# REQUIREMENT
Report every line in the records below that holds the word "known".

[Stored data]

-------

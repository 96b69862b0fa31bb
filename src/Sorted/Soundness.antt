-- ===== src/Sorted/Soundness.antt =====
-- What a search finds matches, in every interleaving of its threads.
use regexkit.Base.{
  if_either, zero, suc, ℕ, ◌<◌, ◌≡◌, ◌⊎◌, refl, arith, inl, inr, ltb, ◌==◌, Bool, true, not, ◌&&◌,
  ◌||◌, some, none, List, [], ◌∷◌, length, sym, ◌∙◌, some-injective,
}
use regexkit.Sorted.{
  CollectionType, is_set, is_array, is_none, Search, new_search, Thread, entering, fetching,
  leaving, ended, checking, comparing, publishing, lowering, reading, swapping, element, goes_on,
  step,
}
use regexkit.Sorted.Threads.{run_alone, Threads, put, run}

third_true : (a b d : Bool) (k n : ℕ) → (a && (b && (ltb k n && d))) ≡ true → k < n
third_true a b d k n h = ground (arith, h)

module _ (kind : CollectionType) (sorted : List ℕ) (matches : ℕ → Bool) (lowest : Bool) where
  -- The place may be published: its regex matches, and where the lowest index of an array is sought
  -- it is the first element.
  pub record IsFit (k : ℕ) : Type 0 where
    pub within : k < length sorted
    pub matching : matches (element sorted k) ≡ true
    pub allowed : (not lowest || (is_set kind || (is_array kind && element sorted k == 0))) ≡ true

  -- What is known of a thread by where it is.
  abbrev ThreadFit : Thread → Type 0
  ThreadFit entering = Unit {0}
  ThreadFit fetching = Unit {0}
  ThreadFit leaving = Unit {0}
  ThreadFit ended = Unit {0}
  ThreadFit (checking k) = Unit {0}
  ThreadFit (comparing k) = k < length sorted
  ThreadFit (publishing k) = IsFit k
  ThreadFit (lowering k) = Unit {0}
  ThreadFit (reading k) = Unit {0}
  ThreadFit (swapping k highest) = Unit {0}

  -- What is known of the shared state.
  pub record SearchFit (s : Search) : Type 0 where
    pub mode : s.find_lowest_index ≡ lowest
    pub found :
        (s.matched_regex ≡ none)
        ⊎ ((k : ℕ) × (s.matched_regex ≡ some (element sorted k))
            × (s.matching_sorted_index ≡ k)
            × IsFit k)

  abbrev Fits : Search × Thread → Type 0
  Fits (s, t) = SearchFit s × ThreadFit t

  finish : (s : Search) → SearchFit s → SearchFit (record s { finished = true })
  finish s v = record { mode = v.mode; found = v.found }

  lower :
      (s : Search) (n : ℕ) → SearchFit s → SearchFit (record s { highest_matching_array_index = n })
  lower s n v = record { mode = v.mode; found = v.found }

  publish :
      (s : Search) (k : ℕ)
      → SearchFit s
      → IsFit k
      → SearchFit (record s {
        matched_regex = some (element sorted k);
        matching_sorted_index = k;
        matching_collection_index = element sorted k;
        finished = true;
      })
  publish s k v w = record { mode = v.mode; found = inr (k, refl, refl, w) }

  fit :
      (s : Search) (k : ℕ)
      → SearchFit s
      → k < length sorted
      → matches (element sorted k) ≡ true
      → (not s.find_lowest_index || (is_set kind || (is_array kind && element sorted k == 0)))
        ≡ true
      → IsFit k
  fit s k v w m a = record { within = w; matching = m; allowed = rw (← v.mode) a }

  step-Fits :
      (s : Search) (t : Thread) → SearchFit s → ThreadFit t → Fits (step kind sorted matches s t)
  unfolding step
  step-Fits s entering v w = if_either Fits _ _ _ (λ h. (v, tt)) (λ h. (v, tt))
  step-Fits s fetching v w = (record { mode = v.mode; found = v.found }, tt)
  step-Fits s (checking k) v w =
      if_either Fits (goes_on kind sorted matches s k) _ (s, leaving)
        (λ h.
          if_either Fits (ltb s.highest_matching_array_index (element sorted k)) (s, fetching)
            (s, comparing k) (λ g. (v, tt))
            (λ g. (
              v,
              third_true (not s.finished) (is_none s.matched_regex)
                  (ltb 0 s.highest_matching_array_index) k (length sorted) h,
            )))
        (λ h. (v, tt))
  step-Fits s (comparing k) v w =
      if_either Fits (matches (element sorted k)) _ _
        (λ m.
          if_either Fits _ (s, publishing k) (s, lowering k) (λ a. (v, fit s k v w m a))
            (λ a. (v, tt)))
        (λ m. if_either Fits _ _ _ (λ g. (finish s v, tt)) (λ g. (v, tt)))
  step-Fits s (publishing k) v w = if_either Fits _ _ _ (λ h. (publish s k v w, tt)) (λ h. (v, tt))
  step-Fits s (lowering k) v w = if_either Fits _ _ _ (λ h. (v, tt)) (λ h. (v, tt))
  step-Fits s (reading k) v w = (v, tt)
  step-Fits s (swapping k highest) v w =
      if_either Fits _ _ _ (λ h. (lower s (element sorted k) v, tt)) (λ h. (v, tt))
  step-Fits s leaving v w = if_either Fits _ _ _ (λ h. (finish s v, tt)) (λ h. (v, tt))
  step-Fits s ended v w = (v, tt)

  put-fit :
      (ts : Threads) (i j : ℕ) (t : Thread)
      → ThreadFit t
      → ThreadFit (ts j)
      → ThreadFit (put ts i t j)
  put-fit ts i j t w own = if_either ThreadFit (j == i) t (ts j) (λ h. w) (λ h. own)

  pub run-SearchFit :
      (schedule : List ℕ) (s : Search) (ts : Threads)
      → SearchFit s
      → ((i : ℕ) → ThreadFit (ts i))
      → SearchFit (run kind sorted matches schedule s ts).0
  unfolding run
  run-SearchFit [] s ts v w = v
  run-SearchFit (i ∷ schedule) s ts v w =
      let (v', w') = step-Fits s (ts i) v (w i) in
      run-SearchFit schedule (step kind sorted matches s (ts i)).0
        (put ts i (step kind sorted matches s (ts i)).1) v'
        (λ j. put-fit ts i j (step kind sorted matches s (ts i)).1 w' (w j))

  pub run_alone-SearchFit :
      (fuel : ℕ) (s : Search) (t : Thread)
      → SearchFit s
      → ThreadFit t
      → SearchFit (run_alone kind sorted matches fuel s t).0
  unfolding run_alone
  run_alone-SearchFit zero s t v w = v
  run_alone-SearchFit (suc fuel) s t v w =
      let (v', w') = step-Fits s t v w in
      run_alone-SearchFit fuel (step kind sorted matches s t).0 (step kind sorted matches s t).1 v'
        w'

  pub new_search-SearchFit : SearchFit (new_search lowest)
  new_search-SearchFit = record { mode = refl; found = inl refl }

  -- What is known where something was found.
  pub found-IsFit :
      (s : Search) (i : ℕ)
      → SearchFit s
      → s.matched_regex ≡ some i
      → (s.matching_sorted_index < length sorted)
        × (element sorted s.matching_sorted_index ≡ i)
        × (matches i ≡ true)
        × ((not lowest || (is_set kind || (is_array kind && i == 0))) ≡ true)
  found-IsFit s i v e = elim v.found [
    | inl missing ↦ absurd (ground (arith, e, missing))
    | inr (k, f, g, w) ↦
        let same : element sorted k ≡ i = some-injective _ _ (sym f ∙ e) in
        (rw g w.within, rw g same, rw (← same) w.matching, rw (← same) w.allowed)
  ]
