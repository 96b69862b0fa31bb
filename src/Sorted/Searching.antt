-- ===== src/Sorted/Searching.antt =====
-- The state of a search by one thread before it takes the next element.
use regexkit.Base.{
  Bool-cases, inr, inl, ◌⊎◌, ℕ, suc, ◌+◌, ◌<◌, ◌≤◌, ◌≡◌, arith, ltb, ◌==◌, Bool, true, false, not,
  ◌&&◌, ◌||◌, some, none, List, length,
}
use regexkit.Sorted.{CollectionType, is_set, is_array, is_none, Search, element, goes_on}

-- Whether the element is one that the search may hand out.
abbrev pub is_sought : CollectionType → Bool → ℕ → Bool
is_sought kind lowest i = not lowest || (is_set kind || (is_array kind && i == 0))

<-suc-cases : (j k : ℕ) → j < suc k → (j < k) ⊎ (j ≡ k)
<-suc-cases j k e = elim (Bool-cases (ltb j k)) [
  | inl before ↦ inl (ground (arith, before))
  | inr not_before ↦ inr (ground (arith, e, not_before))
]

first_positive :
    (lowest set array : Bool) (i : ℕ)
    → (set || array) ≡ true
    → (not lowest || (set || (array && i == 0))) ≡ false
    → 0 < i
first_positive lowest set array i h g = ground (arith, h, g)

above_unsought :
    (m lowest set array : Bool) (i j : ℕ)
    → i < j
    → (not lowest || (set || (array && i == 0))) ≡ false
    → (m && (not lowest || (set || (array && j == 0)))) ≡ false
above_unsought m lowest set array i j e g = ground (arith, e, g)

within_true :
    (k n h : ℕ)
    → k < n
    → 0 < h
    → (not false && (is_none {A = ℕ} none && (ltb k n && ltb 0 h))) ≡ true
within_true k n h e f = ground (arith, e, f)

beyond_false : (a b : Bool) (k n : ℕ) (d : Bool) → n ≤ k → (a && (b && (ltb k n && d))) ≡ false
beyond_false a b k n d e = ground (arith, e)

pub none_left : (n : ℕ) → (not false && (is_none {A = ℕ} none && ltb 0 n)) ≡ false → n ≤ 0
none_left n h = ground (arith, h)

pub some-none : (i : ℕ) → ¬ (some i ≡ none)
some-none i e = ground (arith, e)

module _ (kind : CollectionType) (sorted : List ℕ) (matches : ℕ → Bool) (lowest : Bool) where
  abbrev pub is_candidate : ℕ → Bool
  is_candidate k = matches (element sorted k) && is_sought kind lowest (element sorted k)

  -- The state of a thread alone that is to take the element at `a`: nothing is found yet, and what it
  -- has passed, the elements before `k`, or will skip, is nothing to hand out.
  pub record IsSearching (k a : ℕ) (s : Search) : Type 0 where
    pub mode : s.find_lowest_index ≡ lowest
    pub at : s.at_sorted_index ≡ a
    pub going : s.finished ≡ false
    pub empty : s.matched_regex ≡ none
    pub positive : 0 < s.highest_matching_array_index
    pub skipped :
        (j : ℕ)
        → j < length sorted
        → s.highest_matching_array_index < element sorted j
        → is_candidate j ≡ false
    pub passed : (j : ℕ) → j < length sorted → j < k → is_candidate j ≡ false

  pub fetch :
      (k : ℕ) (s : Search)
      → IsSearching k k s
      → IsSearching k (suc k) (record s { at_sorted_index = s.at_sorted_index + 1 })
  fetch k s v = record {
    mode = v.mode;
    at = omega (arith, v.at);
    going = v.going;
    empty = v.empty;
    positive = v.positive;
    skipped = v.skipped;
    passed = v.passed;
  }

  pub pass :
      (k a : ℕ) (s : Search) → IsSearching k a s → is_candidate k ≡ false → IsSearching (suc k) a s
  pass k a s v w = record {
    mode = v.mode;
    at = v.at;
    going = v.going;
    empty = v.empty;
    positive = v.positive;
    skipped = v.skipped;
    passed = λ j e f. elim (<-suc-cases j k f) [
      | inl before ↦ v.passed j e before
      | inr same ↦ rw same w
    ];
  }

  -- What is above an index that was found is not sought.
  pub lower :
      (k a : ℕ) (s : Search)
      → (is_set kind || is_array kind) ≡ true
      → IsSearching k a s
      → is_sought kind lowest (element sorted k) ≡ false
      → IsSearching k a (record s { highest_matching_array_index = element sorted k })
  lower k a s proper v w = record {
    mode = v.mode;
    at = v.at;
    going = v.going;
    empty = v.empty;
    positive = first_positive lowest (is_set kind) (is_array kind) (element sorted k) proper w;
    skipped = λ j e f.
        above_unsought (matches (element sorted j)) lowest (is_set kind) (is_array kind)
          (element sorted k) (element sorted j) f w;
    passed = v.passed;
  }

  pub none-IsComplete :
      (k a : ℕ) (s : Search)
      → length sorted ≤ k
      → IsSearching k a s
      → (j : ℕ) → j < length sorted
      → is_candidate j ≡ false
  none-IsComplete k a s e v j f = v.passed j f (omega (arith, e, f))

  pub goes_on-within :
      (k : ℕ) (s : Search)
      → k < length sorted
      → IsSearching k (suc k) s
      → goes_on kind sorted matches s k ≡ true
  goes_on-within k s e v =
      rw (v.going, v.empty)
        (within_true k (length sorted) s.highest_matching_array_index e v.positive)

  pub goes_on-beyond :
      (k : ℕ) (s : Search) → length sorted ≤ k → goes_on kind sorted matches s k ≡ false
  goes_on-beyond k s e =
      beyond_false (not s.finished) (is_none s.matched_regex) k (length sorted)
        (ltb 0 s.highest_matching_array_index) e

-------

# COMPLETED EXERCISE
  -- What is known of a thread by where it is.
  -- What is known of the shared state.
  -- What is known where something was found.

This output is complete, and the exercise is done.